Pitt levantó una mano, pidiéndole silencio.

—Voces —dijo suavemente—. Vienen de aquel otro arco, entre las dos armaduras.

Pasaron a otro corredor, que estaba débilmente iluminado por candelabros a intervalos de diez pies. El ruido de risas y palabras confusas, de voces tanto masculinas como femeninas, se hizo más fuerte. Una luz se filtraba por debajo de una cortina, delante de ellos. Esperaron un segundo y, después, corrieron la cortina a un lado y entraron.

Se encontraron en un largo comedor ocupado por casi cuarenta personas, que interrumpieron sus conversaciones y se quedaron mirando a Pitt y a sus acompañantes con la pasmada expresión de un grupo de campesinos en su primer encuentro con extraterrestres.

Las mujeres vestían elegantes trajes de noche, mientras que la mitad de los hombres iban de smoking y la otra mitad vestía uniforme militar. Varios criados que servían la mesa se quedaron petrificados como personajes de una película súbitamente encallada.
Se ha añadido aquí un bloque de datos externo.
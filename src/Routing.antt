-- ===== src/Routing.antt =====
-- The agent router (backend/app/services/agents/router.py): who runs, and in what shape. A confidence is
-- a number of hundredths. The fallback on a model is a parameter of `route`.
pub mod Keywords
pub mod Clauses
pub mod Plans
pub mod Best
pub mod Planned
pub mod Routed
use gummy_os.Common.{ℕ, String, Text, List, [], ◌∷◌, Option}
use gummy_os.Models.{PlanShape}

pub record RouteStep : Type 0 where
  pub agent_key : String
  pub intent : Option Text

-- The rationale, with what its text names.
pub data Rationale : Type 0 where
  override_general override : Rationale
  override_unknown : (forced_agent_key : String) → Rationale
  research_hint no_match fallback low_confidence : Rationale
  matched : List Text → Rationale
  compound : (agents : List String) → Rationale
  independent : (agents : List String) → Rationale

pub record RoutingDecision : Type 0 where
  pub plan_shape : PlanShape
  pub steps : List RouteStep
  pub rationale : Rationale
  pub confidence : ℕ
  pub matched_keywords : List Text

-- backend/app/services/agents/manifests.py
abbrev pub general_agent_key : String
general_agent_key = "general"

abbrev pub recall_agent_key : String
recall_agent_key = "recall"

abbrev pub specialist_agent_keys : List String
specialist_agent_keys =
    "career" ∷ "learning" ∷ "planner" ∷ "memory" ∷ "research" ∷ "automation" ∷ "engineer" ∷ []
El pasmado silencio era tan espeso como una manta de lana. Parecía una escena tomada de un melodrama de Hollywood de principio de los años treinta.

Pitt se dio cuenta de que él y sus amigos debían tener un aspecto muy extraño. Empapados en agua, con la ropa sucia y hecha jirones, contusa y rasgada la piel, con huesos rotos y músculos distendidos. Con los cabellos pegados a la cabeza, debían parecer ratas ahogadas y lanzadas a la orilla de un río contaminado.

Pitt miró a Gunn y dijo:

—¿Cómo se dice «Perdonen la intromisión» en español?

—No tengo la menor idea. Sólo estudié francés en el colegio.

Entonces vio Pitt que la mayoría de los hombres de uniforme eran altos oficiales soviéticos. Sólo uno parecía ser cubano.

Jessie estaba en su elemento. A Pitt le pareció majestuosa, incluso con su vestido de safari hecho jirones.

—Alguno de ustedes, caballeros, ¿quiere ofrecerle una silla a una dama? —preguntó ella.

Antes de que recibiese respuesta, diez hombres con metralletas rusas entraron en la habitación y les rodearon, impávidos como esfinges y apuntando con sus armas a los cuatro. Tenían los ojos helados y los labios apretados. Pitt se dio perfecta cuenta de que habían sido adiestrados para matar cuando se lo ordenasen.

Giordino, parecía un hombre atropellado por un camión de basura, se irguió fatigosamente en toda su estatura y miró atrás.

—¿Viste alguna vez tantas caras sonrientes? —preguntó con naturalidad.

—No —dijo Pitt, iniciando una malévola sonrisa—. No desde Little Big Horn.

Jessie no les oyó. Como en trance, se abrió paso entre los guardias y se detuvo cerca de la cabecera de la mesa, mirando a un hombre alto y de cabellos grises, vestido de etiqueta, que la miró a su vez con asombro e incredulidad.

Ella se echó atrás los mojados y revueltos cabellos y adoptó una sofisticada actitud felina. Después, dijo en voz suave y autoritaria.

—Por favor, Raymond, sirve a tu esposa un vaso de vino.